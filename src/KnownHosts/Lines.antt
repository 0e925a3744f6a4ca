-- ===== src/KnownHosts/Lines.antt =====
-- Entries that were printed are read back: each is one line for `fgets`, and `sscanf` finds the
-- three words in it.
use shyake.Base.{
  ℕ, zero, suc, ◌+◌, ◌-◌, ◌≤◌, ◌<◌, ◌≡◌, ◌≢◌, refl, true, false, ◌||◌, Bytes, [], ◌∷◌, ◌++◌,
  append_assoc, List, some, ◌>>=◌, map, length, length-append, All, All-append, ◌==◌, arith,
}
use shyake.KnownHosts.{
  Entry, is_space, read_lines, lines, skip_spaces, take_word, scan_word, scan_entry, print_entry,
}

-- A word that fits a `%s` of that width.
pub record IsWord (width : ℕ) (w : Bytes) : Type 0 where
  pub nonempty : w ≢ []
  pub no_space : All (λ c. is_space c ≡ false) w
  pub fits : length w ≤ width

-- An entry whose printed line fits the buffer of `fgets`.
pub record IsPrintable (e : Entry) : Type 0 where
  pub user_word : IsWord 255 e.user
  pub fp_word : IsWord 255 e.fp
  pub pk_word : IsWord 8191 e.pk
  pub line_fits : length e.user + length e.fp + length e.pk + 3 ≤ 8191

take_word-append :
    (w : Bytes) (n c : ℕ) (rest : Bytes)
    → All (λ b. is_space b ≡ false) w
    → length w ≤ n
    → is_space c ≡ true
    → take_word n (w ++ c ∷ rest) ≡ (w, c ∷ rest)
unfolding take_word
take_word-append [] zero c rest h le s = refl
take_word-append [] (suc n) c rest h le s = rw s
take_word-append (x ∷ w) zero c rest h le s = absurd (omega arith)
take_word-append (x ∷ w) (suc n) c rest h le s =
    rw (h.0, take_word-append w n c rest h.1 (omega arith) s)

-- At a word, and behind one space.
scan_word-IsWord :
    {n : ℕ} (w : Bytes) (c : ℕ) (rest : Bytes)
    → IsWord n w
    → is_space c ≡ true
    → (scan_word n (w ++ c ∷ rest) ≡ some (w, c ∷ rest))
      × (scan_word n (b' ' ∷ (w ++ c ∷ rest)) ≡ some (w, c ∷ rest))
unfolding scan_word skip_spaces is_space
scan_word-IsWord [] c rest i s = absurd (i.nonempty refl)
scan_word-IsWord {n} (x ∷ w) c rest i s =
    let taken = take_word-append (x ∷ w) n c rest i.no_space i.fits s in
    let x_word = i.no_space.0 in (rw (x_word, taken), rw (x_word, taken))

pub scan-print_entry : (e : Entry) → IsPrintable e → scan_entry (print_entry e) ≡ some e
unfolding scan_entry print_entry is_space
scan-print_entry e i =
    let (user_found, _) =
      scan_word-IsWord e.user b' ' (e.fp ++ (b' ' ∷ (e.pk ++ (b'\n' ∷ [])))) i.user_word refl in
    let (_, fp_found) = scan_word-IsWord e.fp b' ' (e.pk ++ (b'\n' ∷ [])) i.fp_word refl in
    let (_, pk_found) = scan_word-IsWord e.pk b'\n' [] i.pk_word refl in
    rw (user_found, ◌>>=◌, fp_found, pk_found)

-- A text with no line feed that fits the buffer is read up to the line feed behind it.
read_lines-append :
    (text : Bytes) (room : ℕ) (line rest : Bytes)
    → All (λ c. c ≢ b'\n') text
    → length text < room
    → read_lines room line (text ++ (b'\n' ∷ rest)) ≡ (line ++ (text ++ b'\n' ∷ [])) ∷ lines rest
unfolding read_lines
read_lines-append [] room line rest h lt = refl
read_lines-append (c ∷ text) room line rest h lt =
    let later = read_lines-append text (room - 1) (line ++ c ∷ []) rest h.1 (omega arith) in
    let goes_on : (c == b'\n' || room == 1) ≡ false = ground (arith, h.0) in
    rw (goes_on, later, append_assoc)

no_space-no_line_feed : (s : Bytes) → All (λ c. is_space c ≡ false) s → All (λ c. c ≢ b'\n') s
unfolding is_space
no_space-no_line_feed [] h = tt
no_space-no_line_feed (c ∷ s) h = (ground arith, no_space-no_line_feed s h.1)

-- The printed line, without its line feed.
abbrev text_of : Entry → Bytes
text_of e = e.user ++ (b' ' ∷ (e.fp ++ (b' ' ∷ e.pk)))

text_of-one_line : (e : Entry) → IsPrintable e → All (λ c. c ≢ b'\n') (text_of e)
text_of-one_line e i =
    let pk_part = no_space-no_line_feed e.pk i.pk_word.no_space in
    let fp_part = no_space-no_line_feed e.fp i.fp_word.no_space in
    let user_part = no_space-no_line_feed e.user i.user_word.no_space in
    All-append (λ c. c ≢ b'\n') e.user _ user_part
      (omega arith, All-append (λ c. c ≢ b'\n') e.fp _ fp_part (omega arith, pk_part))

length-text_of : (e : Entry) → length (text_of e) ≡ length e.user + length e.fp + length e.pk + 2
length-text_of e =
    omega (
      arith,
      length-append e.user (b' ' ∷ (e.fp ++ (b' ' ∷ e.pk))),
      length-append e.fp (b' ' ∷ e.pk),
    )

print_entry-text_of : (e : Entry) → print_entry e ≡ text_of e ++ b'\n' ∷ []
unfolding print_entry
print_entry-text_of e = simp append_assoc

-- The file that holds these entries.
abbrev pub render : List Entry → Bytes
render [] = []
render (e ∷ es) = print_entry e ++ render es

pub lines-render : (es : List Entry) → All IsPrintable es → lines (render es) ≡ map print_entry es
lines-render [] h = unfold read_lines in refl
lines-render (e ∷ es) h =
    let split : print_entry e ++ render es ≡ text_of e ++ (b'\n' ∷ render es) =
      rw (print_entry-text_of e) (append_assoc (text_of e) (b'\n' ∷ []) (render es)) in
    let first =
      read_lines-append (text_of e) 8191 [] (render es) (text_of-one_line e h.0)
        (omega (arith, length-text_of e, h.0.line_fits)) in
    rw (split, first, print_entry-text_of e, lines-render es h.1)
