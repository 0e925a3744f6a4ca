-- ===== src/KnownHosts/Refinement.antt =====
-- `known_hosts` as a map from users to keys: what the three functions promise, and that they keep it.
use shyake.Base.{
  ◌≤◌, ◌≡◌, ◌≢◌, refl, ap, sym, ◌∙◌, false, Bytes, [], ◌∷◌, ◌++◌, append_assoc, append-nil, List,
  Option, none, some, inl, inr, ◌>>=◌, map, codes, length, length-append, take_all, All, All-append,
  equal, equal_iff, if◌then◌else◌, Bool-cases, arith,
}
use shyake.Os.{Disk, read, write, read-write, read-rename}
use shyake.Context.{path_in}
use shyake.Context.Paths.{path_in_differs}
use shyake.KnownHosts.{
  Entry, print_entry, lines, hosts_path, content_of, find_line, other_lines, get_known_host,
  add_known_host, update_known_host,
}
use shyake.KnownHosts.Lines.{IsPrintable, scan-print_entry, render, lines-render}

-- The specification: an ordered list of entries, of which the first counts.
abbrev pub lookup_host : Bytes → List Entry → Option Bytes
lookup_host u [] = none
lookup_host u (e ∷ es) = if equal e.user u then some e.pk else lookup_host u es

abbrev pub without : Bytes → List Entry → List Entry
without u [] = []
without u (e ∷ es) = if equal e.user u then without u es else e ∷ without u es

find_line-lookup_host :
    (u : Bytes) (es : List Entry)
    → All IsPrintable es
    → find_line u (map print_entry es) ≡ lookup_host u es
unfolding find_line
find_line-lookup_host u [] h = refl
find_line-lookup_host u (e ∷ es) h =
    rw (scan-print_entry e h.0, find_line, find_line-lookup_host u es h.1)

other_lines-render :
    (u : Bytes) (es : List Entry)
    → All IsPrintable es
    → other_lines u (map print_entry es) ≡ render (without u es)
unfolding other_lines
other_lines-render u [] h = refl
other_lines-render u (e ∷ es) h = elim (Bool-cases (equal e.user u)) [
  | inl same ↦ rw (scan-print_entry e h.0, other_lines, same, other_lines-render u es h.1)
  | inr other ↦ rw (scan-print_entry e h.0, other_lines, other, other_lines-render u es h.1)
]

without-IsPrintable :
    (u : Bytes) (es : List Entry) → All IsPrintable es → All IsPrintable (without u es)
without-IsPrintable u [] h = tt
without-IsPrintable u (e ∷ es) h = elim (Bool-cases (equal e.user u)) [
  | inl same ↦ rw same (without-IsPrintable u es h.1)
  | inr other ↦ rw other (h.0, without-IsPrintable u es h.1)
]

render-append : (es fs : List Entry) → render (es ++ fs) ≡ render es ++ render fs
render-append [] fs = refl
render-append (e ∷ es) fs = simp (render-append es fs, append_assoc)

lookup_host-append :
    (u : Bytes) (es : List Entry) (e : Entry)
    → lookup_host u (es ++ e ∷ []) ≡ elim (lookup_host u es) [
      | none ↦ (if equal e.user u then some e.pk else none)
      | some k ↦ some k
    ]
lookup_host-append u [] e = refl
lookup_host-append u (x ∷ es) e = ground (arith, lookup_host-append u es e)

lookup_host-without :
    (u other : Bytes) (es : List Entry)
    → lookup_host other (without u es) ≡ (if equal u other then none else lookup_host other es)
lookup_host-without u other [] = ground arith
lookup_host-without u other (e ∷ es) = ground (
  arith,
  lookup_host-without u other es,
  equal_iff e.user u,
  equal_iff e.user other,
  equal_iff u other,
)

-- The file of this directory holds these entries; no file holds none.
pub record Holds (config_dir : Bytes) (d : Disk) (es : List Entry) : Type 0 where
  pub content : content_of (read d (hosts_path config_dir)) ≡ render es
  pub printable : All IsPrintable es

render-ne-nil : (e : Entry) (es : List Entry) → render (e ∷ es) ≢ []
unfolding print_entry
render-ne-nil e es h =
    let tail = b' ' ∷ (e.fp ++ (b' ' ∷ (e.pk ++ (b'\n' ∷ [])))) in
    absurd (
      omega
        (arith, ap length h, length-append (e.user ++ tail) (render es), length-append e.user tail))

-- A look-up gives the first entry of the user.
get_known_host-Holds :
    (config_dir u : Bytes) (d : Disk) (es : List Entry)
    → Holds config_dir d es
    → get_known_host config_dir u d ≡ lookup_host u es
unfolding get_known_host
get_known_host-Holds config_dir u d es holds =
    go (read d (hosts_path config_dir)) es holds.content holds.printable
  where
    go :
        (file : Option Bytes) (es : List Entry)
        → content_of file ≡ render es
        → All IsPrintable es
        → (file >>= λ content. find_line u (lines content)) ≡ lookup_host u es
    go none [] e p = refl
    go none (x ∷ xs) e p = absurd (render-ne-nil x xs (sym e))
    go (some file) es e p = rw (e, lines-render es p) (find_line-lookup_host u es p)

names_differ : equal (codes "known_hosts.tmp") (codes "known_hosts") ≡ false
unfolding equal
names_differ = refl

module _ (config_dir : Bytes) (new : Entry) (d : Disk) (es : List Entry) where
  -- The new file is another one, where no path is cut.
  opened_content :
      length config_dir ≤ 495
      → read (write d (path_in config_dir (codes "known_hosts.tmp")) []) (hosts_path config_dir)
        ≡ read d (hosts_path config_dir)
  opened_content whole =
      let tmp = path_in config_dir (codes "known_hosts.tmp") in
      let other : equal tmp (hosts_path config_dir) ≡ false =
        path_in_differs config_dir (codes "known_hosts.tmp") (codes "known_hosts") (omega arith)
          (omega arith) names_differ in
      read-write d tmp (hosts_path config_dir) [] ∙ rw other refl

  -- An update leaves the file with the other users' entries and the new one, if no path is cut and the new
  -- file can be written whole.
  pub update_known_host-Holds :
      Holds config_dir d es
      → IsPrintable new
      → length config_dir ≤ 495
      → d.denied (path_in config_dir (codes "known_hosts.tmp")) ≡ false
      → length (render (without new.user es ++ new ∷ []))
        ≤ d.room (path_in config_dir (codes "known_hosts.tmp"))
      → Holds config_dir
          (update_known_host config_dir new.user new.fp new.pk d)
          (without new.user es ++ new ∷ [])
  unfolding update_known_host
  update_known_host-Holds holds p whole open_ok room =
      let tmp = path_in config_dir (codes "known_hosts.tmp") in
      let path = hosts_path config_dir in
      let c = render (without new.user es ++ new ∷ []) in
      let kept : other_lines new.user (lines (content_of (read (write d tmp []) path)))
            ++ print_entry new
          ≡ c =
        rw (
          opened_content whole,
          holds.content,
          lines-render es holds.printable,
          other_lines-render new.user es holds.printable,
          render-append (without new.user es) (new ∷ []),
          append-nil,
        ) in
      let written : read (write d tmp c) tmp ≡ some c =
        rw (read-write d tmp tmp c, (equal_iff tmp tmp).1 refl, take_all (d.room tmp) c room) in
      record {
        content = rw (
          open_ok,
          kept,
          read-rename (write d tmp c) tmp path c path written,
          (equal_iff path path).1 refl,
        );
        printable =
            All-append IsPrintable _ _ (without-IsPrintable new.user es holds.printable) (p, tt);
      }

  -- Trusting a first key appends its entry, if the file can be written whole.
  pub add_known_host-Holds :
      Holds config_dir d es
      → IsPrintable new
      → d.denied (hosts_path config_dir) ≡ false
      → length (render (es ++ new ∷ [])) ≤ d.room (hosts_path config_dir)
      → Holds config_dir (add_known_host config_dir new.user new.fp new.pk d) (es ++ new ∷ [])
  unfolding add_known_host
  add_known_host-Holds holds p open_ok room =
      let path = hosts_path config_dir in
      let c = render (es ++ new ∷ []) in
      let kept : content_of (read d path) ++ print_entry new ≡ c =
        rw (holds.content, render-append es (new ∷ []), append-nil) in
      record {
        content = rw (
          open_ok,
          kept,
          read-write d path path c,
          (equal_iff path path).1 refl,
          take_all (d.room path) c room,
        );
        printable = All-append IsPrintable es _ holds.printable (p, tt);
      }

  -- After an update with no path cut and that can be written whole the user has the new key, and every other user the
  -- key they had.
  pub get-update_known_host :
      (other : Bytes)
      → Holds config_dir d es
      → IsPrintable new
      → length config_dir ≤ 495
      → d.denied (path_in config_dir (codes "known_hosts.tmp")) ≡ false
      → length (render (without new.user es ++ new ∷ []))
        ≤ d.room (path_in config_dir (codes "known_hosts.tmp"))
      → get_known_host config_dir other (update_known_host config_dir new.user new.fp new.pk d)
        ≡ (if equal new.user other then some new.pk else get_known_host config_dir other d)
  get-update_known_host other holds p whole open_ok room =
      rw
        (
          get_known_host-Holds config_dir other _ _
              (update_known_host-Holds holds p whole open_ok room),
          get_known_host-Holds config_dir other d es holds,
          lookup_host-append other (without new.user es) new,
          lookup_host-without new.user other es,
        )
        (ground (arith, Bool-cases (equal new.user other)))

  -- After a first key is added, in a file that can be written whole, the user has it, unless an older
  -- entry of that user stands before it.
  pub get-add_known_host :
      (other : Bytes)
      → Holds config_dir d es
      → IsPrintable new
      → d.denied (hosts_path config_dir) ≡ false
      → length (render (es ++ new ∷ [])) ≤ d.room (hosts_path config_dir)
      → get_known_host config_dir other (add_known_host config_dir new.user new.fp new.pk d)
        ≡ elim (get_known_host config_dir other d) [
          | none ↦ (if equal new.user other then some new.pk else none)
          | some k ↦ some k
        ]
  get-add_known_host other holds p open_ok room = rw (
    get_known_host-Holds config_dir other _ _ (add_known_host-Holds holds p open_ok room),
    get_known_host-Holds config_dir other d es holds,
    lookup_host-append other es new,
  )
== == ==
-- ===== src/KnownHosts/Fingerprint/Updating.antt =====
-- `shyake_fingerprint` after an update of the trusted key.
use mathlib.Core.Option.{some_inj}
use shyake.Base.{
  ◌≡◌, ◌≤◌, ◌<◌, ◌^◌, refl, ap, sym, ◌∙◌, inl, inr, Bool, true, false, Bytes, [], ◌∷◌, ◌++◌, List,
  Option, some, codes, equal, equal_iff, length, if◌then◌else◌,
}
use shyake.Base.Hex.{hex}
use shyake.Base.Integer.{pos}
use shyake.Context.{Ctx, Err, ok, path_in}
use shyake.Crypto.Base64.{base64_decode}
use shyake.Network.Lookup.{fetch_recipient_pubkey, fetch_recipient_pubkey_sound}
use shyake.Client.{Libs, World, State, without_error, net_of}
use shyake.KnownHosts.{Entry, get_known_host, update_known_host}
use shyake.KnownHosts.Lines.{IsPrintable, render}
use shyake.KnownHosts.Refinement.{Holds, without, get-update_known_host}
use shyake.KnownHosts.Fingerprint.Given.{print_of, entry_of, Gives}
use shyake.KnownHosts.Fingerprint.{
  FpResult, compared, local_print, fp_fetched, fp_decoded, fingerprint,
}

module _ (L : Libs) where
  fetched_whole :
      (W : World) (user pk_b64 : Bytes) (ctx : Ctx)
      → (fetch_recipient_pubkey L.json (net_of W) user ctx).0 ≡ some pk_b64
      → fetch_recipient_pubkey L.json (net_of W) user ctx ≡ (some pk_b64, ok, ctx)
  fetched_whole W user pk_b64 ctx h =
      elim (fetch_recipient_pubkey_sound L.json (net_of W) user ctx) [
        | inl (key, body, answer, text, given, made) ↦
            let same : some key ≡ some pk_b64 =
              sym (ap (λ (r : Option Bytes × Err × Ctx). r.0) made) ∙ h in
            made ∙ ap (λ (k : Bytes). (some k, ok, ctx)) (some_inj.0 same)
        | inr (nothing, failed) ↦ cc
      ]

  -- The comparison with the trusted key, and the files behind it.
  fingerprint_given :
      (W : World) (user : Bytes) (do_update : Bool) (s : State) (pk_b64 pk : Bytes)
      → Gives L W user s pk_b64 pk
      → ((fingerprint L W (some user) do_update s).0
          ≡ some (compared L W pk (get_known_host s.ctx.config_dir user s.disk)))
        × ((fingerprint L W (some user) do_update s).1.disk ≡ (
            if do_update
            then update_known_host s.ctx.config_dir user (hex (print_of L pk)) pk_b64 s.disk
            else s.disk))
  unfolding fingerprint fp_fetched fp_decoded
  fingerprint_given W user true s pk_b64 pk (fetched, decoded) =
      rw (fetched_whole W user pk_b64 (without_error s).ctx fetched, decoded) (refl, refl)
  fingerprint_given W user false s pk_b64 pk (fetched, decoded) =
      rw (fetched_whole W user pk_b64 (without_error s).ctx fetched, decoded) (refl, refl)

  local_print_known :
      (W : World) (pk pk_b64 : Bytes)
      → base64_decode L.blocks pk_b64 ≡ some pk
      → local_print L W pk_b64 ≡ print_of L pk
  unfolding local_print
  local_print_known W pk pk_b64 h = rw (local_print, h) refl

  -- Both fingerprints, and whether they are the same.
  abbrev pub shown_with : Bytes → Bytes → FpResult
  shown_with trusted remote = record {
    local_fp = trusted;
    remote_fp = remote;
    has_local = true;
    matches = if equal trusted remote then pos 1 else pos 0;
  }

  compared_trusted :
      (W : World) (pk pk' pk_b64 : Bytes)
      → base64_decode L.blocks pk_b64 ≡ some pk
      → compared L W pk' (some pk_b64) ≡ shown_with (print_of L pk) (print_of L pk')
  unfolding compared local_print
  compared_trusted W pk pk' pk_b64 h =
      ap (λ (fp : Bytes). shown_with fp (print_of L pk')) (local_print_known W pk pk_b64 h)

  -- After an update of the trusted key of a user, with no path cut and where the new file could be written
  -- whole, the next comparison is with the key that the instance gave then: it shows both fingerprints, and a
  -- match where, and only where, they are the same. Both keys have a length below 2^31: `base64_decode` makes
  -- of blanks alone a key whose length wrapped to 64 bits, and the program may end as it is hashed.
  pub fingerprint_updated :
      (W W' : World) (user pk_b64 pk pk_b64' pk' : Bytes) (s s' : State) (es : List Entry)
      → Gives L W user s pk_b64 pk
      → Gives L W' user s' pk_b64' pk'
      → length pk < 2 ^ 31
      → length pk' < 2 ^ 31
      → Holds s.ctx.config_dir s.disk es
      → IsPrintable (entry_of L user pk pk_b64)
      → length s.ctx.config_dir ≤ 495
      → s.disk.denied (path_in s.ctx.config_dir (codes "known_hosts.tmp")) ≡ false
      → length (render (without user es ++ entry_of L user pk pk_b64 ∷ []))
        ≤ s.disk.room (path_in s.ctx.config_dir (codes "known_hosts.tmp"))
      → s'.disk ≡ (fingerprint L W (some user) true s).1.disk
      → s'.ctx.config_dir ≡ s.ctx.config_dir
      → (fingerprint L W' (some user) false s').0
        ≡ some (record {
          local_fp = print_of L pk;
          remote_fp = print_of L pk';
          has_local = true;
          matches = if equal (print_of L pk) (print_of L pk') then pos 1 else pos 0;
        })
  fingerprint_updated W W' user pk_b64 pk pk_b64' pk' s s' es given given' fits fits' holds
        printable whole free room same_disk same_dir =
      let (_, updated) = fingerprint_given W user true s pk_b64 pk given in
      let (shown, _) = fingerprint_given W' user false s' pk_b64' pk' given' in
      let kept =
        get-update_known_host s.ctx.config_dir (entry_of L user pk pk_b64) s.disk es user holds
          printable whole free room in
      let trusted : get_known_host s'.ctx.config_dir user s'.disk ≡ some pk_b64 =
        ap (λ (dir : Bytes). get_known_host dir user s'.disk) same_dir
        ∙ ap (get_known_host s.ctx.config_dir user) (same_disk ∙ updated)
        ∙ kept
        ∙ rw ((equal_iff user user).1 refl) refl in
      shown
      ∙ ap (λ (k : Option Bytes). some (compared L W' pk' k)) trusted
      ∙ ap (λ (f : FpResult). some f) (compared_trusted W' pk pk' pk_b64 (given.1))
== == ==
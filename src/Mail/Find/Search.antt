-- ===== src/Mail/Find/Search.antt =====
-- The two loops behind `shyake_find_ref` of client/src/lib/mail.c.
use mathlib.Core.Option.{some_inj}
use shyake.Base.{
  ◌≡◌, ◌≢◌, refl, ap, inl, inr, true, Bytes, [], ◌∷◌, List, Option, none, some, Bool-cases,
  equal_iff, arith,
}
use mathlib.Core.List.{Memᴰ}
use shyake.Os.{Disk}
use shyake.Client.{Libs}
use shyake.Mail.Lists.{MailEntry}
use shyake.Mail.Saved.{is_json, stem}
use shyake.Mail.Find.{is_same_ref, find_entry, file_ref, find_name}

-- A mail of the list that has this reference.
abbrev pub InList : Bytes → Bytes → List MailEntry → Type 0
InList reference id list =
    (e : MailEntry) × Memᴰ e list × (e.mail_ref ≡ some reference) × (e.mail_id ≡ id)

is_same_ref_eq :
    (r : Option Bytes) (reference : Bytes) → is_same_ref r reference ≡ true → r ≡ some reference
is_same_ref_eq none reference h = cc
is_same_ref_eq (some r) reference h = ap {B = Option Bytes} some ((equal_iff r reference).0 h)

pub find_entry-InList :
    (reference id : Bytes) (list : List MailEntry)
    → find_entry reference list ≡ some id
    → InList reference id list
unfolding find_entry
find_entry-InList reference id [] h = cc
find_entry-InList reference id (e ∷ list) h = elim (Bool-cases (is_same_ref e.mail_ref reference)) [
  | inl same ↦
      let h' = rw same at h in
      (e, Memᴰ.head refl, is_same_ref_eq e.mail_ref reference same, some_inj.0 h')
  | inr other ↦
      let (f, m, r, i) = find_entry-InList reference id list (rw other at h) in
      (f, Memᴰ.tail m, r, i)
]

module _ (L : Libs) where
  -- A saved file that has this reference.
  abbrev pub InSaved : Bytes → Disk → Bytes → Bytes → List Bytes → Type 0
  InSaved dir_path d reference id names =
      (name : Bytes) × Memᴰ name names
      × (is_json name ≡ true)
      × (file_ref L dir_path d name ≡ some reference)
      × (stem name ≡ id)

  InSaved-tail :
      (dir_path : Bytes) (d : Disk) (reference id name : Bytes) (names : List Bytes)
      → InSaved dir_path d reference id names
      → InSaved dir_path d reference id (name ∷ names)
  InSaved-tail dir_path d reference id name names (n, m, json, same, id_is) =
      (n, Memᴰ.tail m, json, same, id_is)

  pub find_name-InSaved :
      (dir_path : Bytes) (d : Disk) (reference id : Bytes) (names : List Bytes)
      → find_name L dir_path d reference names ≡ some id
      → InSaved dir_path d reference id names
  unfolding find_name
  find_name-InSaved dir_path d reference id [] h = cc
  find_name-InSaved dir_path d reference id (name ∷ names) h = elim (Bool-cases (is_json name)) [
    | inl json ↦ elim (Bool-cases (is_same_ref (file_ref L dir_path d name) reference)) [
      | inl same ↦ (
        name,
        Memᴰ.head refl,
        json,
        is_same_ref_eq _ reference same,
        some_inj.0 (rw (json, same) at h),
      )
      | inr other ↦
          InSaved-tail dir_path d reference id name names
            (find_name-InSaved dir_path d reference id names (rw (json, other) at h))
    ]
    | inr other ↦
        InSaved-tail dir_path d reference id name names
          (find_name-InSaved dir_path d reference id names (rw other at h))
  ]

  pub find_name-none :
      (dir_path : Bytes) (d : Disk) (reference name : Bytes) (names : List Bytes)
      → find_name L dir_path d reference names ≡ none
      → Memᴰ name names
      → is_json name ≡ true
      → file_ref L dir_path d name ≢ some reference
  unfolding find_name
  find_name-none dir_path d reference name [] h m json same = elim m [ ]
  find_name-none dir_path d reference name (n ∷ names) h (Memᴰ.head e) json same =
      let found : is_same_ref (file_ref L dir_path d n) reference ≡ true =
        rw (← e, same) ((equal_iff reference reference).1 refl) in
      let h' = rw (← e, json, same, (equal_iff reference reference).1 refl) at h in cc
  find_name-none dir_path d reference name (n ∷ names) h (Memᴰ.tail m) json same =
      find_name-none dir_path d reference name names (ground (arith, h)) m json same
== == ==
Both end lines included, restate word for word the lines above from the line with "rw (h.0, take_word-append" to the line with "let (_, pk_found)", and nothing else.

■ REPLY
    rw (h.0, take_word-append w n c rest h.1 (omega arith) s)

-- At a word, and behind one space.
scan_word-IsWord :
    {n : ℕ} (w : Bytes) (c : ℕ) (rest : Bytes)
    → IsWord n w
    → is_space c ≡ true
    → (scan_word n (w ++ c ∷ rest) ≡ some (w, c ∷ rest))
      × (scan_word n (b' ' ∷ (w ++ c ∷ rest)) ≡ some (w, c ∷ rest))
unfolding scan_word skip_spaces is_space
scan_word-IsWord [] c rest i s = absurd (i.nonempty refl)
scan_word-IsWord {n} (x ∷ w) c rest i s =
    let taken = take_word-append (x ∷ w) n c rest i.no_space i.fits s in
    let x_word = i.no_space.0 in (rw (x_word, taken), rw (x_word, taken))

pub scan-print_entry : (e : Entry) → IsPrintable e → scan_entry (print_entry e) ≡ some e
unfolding scan_entry print_entry is_space
scan-print_entry e i =
    let (user_found, _) =
      scan_word-IsWord e.user b' ' (e.fp ++ (b' ' ∷ (e.pk ++ (b'\n' ∷ [])))) i.user_word refl in
    let (_, fp_found) = scan_word-IsWord e.fp b' ' (e.pk ++ (b'\n' ∷ [])) i.fp_word refl in
    let (_, pk_found) = scan_word-IsWord e.pk b'\n' [] i.pk_word refl in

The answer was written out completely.